4. Walsh tries to paint Evans as the victim by drawing attention to things such as (a) how many goals he scored prior to being convicted, (b) what he did whilst in prison, (c) the testimonies of his closest friends and family, (d) how Sheffield United wanted to take him back but fans kicked up a fuss. All aim to cast Evans in a rosy light.

Is it wrong for Walsh to do this? The aim of his piece is to persuade: he wants the reader to agree with him that Evans did not in fact commit a crime. He is using this character-based information to that end.

In my view, this is just bad journalism, and is the worst part of the article. Evans’ background has absolutely zero relevance to the legal question of whether or not the woman in question consented to sex. On this issue I firmly agree with Walsh’s critics.

5. Walsh fails to mention the abuse the woman in question has suffered, abuse that has led to her having to change her name 5 times and emigrate.

This is true. Walsh’s failure to include such information (at the very least in the piece’s introduction) is a failure of empathy and humanity.

Such abuse, however, equally has no bearing on the facts of the legal case and whether or not Evans committed an act of rape. A clear-eyed view of the legal issue would overlook subsequent abuses suffered by both the ‘complainant’ and the ‘accused’.

Tim is absolutely right to say in this excellent blog piece that social conceptions of what is required for ‘rape’ are extremely ignorant and harmful. There doesn’t need to be a struggle. The perpetrator doesn’t need to be aware that what they’re doing is rape. Consent must be informed to be meaningful.

The real complexity in this case lies in the legal principle that drunken consent can still be consent.

In directing the jury, the judge said: ‘In a state of dim and drunken awareness you may, or may not, be in a condition to make choices.’

That’s to say, the degree of drunkenness matters. At one point of relatively moderate drunkenness you are considered by law as capable of giving meaningful consent. Beyond a certain point it’s not meaningful consent, even if you are enthusiastically saying ‘Yes’ to sex.

Given this, the judge continued:

‘So you will need to consider the evidence of the complainant’s state and decide these two questions: was she in a condition in which she was capable of making any choice one way or another? If you are sure that she was not, then she did not consent.

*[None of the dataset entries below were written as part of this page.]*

-- ===== src/Extent/Inode/Head.antt =====
-- What `write_file` in inode_manager.cc does to the blocks that a file has and keeps.
use cse_2014_undergrad.Prelude.{
  ℕ, zero, suc, ◌+◌, ◌*◌, ◌/◌, ◌<◌, ◌≤◌, true, false, some, ◌≡◌, ◌≢◌, refl, ◌∙◌, arith, ltb, ◌==◌,
  min, ◌⊎◌, inl, inr,
}
use cse_2014_undergrad.Extent.Block.{block_size, Block, Disk, write_block, BlockManager}
use cse_2014_undergrad.Extent.Block.Place.{IsBytes, used, covered_end}
use cse_2014_undergrad.Extent.Block.Room.{IsRoom, IsRecorded, count_free-agree, write_block-IsBytes}
use cse_2014_undergrad.Extent.Inode.{ndirect, Inode, ceil, get_inode}
use cse_2014_undergrad.Extent.Inode.Blocks.{write_from-ne, write_from-at}
use cse_2014_undergrad.Extent.Inode.File.{
  Open, blk, open_file, piece, write_from, write_shrunk, write_grown, write_file,
}
use cse_2014_undergrad.Extent.Inode.Rewrite.{IsLaidOut}

-- A file has what it should: its blocks are its own, the bitmap has them in use, and it has no address of
-- a block of addresses unless it needs one.
pub record IsOwned (bm : BlockManager) (f : Open) : Type 0 where
  pub layout : IsLaidOut f
  pub recorded :
      (k : ℕ)
      → k < ceil f.ino.size block_size
      → (blk f k < covered_end) × (used bm.disk (blk f k) ≡ true)
  pub last_recorded :
      ndirect < ceil f.ino.size block_size
      → (f.ino.blocks ndirect < covered_end) × (used bm.disk (f.ino.blocks ndirect) ≡ true)
  pub no_last : ceil f.ino.size block_size ≤ ndirect → f.ino.blocks ndirect ≡ 0

-- A block of the bitmap's record, or in front of the data, that is none of a file
pub record IsForeign (bm : BlockManager) (f : Open) (id : ℕ) : Type 0 where
  pub behind : 10 ≤ id
  pub blocks : (k : ℕ) → k < ceil f.ino.size block_size → blk f k ≢ id
  pub last : ndirect < ceil f.ino.size block_size → f.ino.blocks ndirect ≢ id
  pub kind : (id < 353) ⊎ (IsRecorded id × (used bm.disk id ≡ true))

-- The disk with the contents in the first `n` blocks of a file
abbrev pub with_head : ℕ → BlockManager → Open → Block → BlockManager
with_head n bm f content = record bm { disk = write_from n 0 bm.disk f content }

module _ (n : ℕ) (bm : BlockManager) (f : Open) (content : Block) where
  pub with_head-ne :
      (id : ℕ)
      → ((k : ℕ) → k < n → blk f k ≢ id)
      → BlockManager.disk (with_head n bm f content) id ≡ bm.disk id
  with_head-ne id h = write_from-ne n 0 bm.disk f content id (λ k a b. h k (omega arith))

  pub with_head-at :
      (k j : ℕ)
      → IsLaidOut f
      → n ≤ ceil f.ino.size block_size
      → k < n
      → j < block_size
      → BlockManager.disk (with_head n bm f content) (blk f k) j ≡ piece content k j
  with_head-at k j v l h m =
      write_from-at n 0 bm.disk f content k j (λ m a b. (v.placed m (omega arith)).1)
        (λ m q a b c. v.apart m q b (omega arith)) (omega arith) (omega arith) m

  -- The bitmap stays as it is.
  pub with_head-used :
      (j : ℕ)
      → IsLaidOut f
      → n ≤ ceil f.ino.size block_size
      → j < covered_end
      → used (BlockManager.disk (with_head n bm f content)) j ≡ used bm.disk j
  unfolding used
  with_head-used j v l h =
      rw
        (with_head-ne (j / 4096 + 2)
          (λ k m e. absurd (omega (arith, e, (v.placed k (omega arith)).0))))
        refl

  pub with_head-IsRoom :
      (m : ℕ)
      → IsLaidOut f
      → n ≤ ceil f.ino.size block_size
      → IsRoom m bm.disk
      → IsRoom m (BlockManager.disk (with_head n bm f content))
  with_head-IsRoom m v l r = omega (
    arith,
    count_free-agree 3746 353 bm.disk (BlockManager.disk (with_head n bm f content))
        (λ j a b. with_head-used j v l (omega arith)),
  )

write_from-IsBytes :
    (n i : ℕ) (d : Disk) (f : Open) (content : Block)
    → IsBytes d
    → ((p : ℕ) → content p < 256)
    → IsBytes (write_from n i d f content)
unfolding write_from
write_from-IsBytes zero i d f content h c = h
write_from-IsBytes (suc n) i d f content h c =
    write_from-IsBytes n (i + 1) (write_block d (blk f i) (piece content i)) f content
      (write_block-IsBytes d (blk f i) (piece content i) h (λ p. c (i * block_size + p))) c

pub with_head-IsBytes :
    (n : ℕ) (bm : BlockManager) (f : Open) (content : Block)
    → IsBytes bm.disk
    → ((p : ℕ) → content p < 256)
    → IsBytes (BlockManager.disk (with_head n bm f content))
with_head-IsBytes n bm f content h c = write_from-IsBytes n 0 bm.disk f content h c

module _ (stack : Block) (cur : ℕ) (bm : BlockManager) (inum : ℕ) (ino : Inode) (content : Block)
    (size : ℕ) where
  pub write_file_shrunk :
      get_inode stack bm inum ≡ some ino
      → (ino.type == 0) ≡ false
      → ceil size block_size < ceil ino.size block_size
      → write_file stack cur bm inum content size
        ≡ write_shrunk stack cur
            (with_head (ceil size block_size) bm (open_file stack bm ino) content)
            inum
            (open_file stack bm ino)
            size
            (ceil ino.size block_size)
            (ceil size block_size)
  unfolding write_file
  write_file_shrunk g t l =
      let a : (ceil size block_size == ceil ino.size block_size) ≡ false = ground arith in
      let b : ltb (ceil size block_size) (ceil ino.size block_size) ≡ true = ground arith in
      let m : min (ceil size block_size) (ceil ino.size block_size) ≡ ceil size block_size =
        omega arith in
      rw (g, t, a, b, m, write_file) refl

  pub write_file_grown :
      get_inode stack bm inum ≡ some ino
      → (ino.type == 0) ≡ false
      → ceil ino.size block_size < ceil size block_size
      → write_file stack cur bm inum content size
        ≡ write_grown stack cur
            (with_head (ceil ino.size block_size) bm (open_file stack bm ino) content)
            inum
            (open_file stack bm ino)
            size
            (ceil ino.size block_size)
            (ceil size block_size)
            content
  unfolding write_file
  write_file_grown g t l =
      let a : (ceil size block_size == ceil ino.size block_size) ≡ false = ground arith in
      let b : ltb (ceil size block_size) (ceil ino.size block_size) ≡ false = ground arith in
      let m : min (ceil size block_size) (ceil ino.size block_size) ≡ ceil ino.size block_size =
        omega arith in
      rw (g, t, a, b, m, write_file) refl

pub with_head-IsOwned :
    (n : ℕ) (bm : BlockManager) (f : Open) (content : Block)
    → n ≤ ceil f.ino.size block_size
    → IsOwned bm f
    → IsOwned (with_head n bm f content) f
with_head-IsOwned n bm f content l o = record {
  layout = o.layout;
  recorded = λ k m.
      (let q = o.recorded k m in
        (q.0, with_head-used n bm f content (blk f k) o.layout l q.0 ∙ q.1));
  last_recorded = λ m.
      (let q = o.last_recorded m in
        (q.0, with_head-used n bm f content (f.ino.blocks ndirect) o.layout l q.0 ∙ q.1));
  no_last = o.no_last;
}

pub with_head-IsForeign :
    (n : ℕ) (bm : BlockManager) (f : Open) (content : Block) (id : ℕ)
    → n ≤ ceil f.ino.size block_size
    → IsOwned bm f
    → IsForeign bm f id
    → IsForeign (with_head n bm f content) f id
with_head-IsForeign n bm f content id l o g = record {
  behind = g.behind;
  blocks = g.blocks;
  last = g.last;
  kind = elim g.kind [
    | inl y ↦ inl y
    | inr (v, u) ↦ inr (v, with_head-used n bm f content id o.layout l v.1 ∙ u)
  ];
}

If, on the other hand, you conclude that she chose to agree to sexual intercourse, or may have done, then you must find the defendants not guilty’ (my emphasis added).

The jury came to the conclusion that it was sure (or, it was at least true beyond reasonable doubt) that the woman in question was so drunk that her consent had become meaningless.

I think this is where the case for the potential miscarriage of justice lies. The charge of Evans’ lawyers is that, based on the evidence concerning intoxication put before the court, the jury could not have known beyond reasonable doubt that she was too drunk to provide meaningful consent.

(Pointing to the fact that the woman had no memory of the night before should not be considered sufficient to indicate that no consent was given – decision-making processes are separate from memory loss.)

It is because of all this that Evans’ conviction may well get overturned and Walsh may end up looking vindicated. If the conviction is overturned, I will understand why. It’s just depressingly difficult to gather sufficient evidence to accurately prosecute a rape case, whether or not a rape occurred.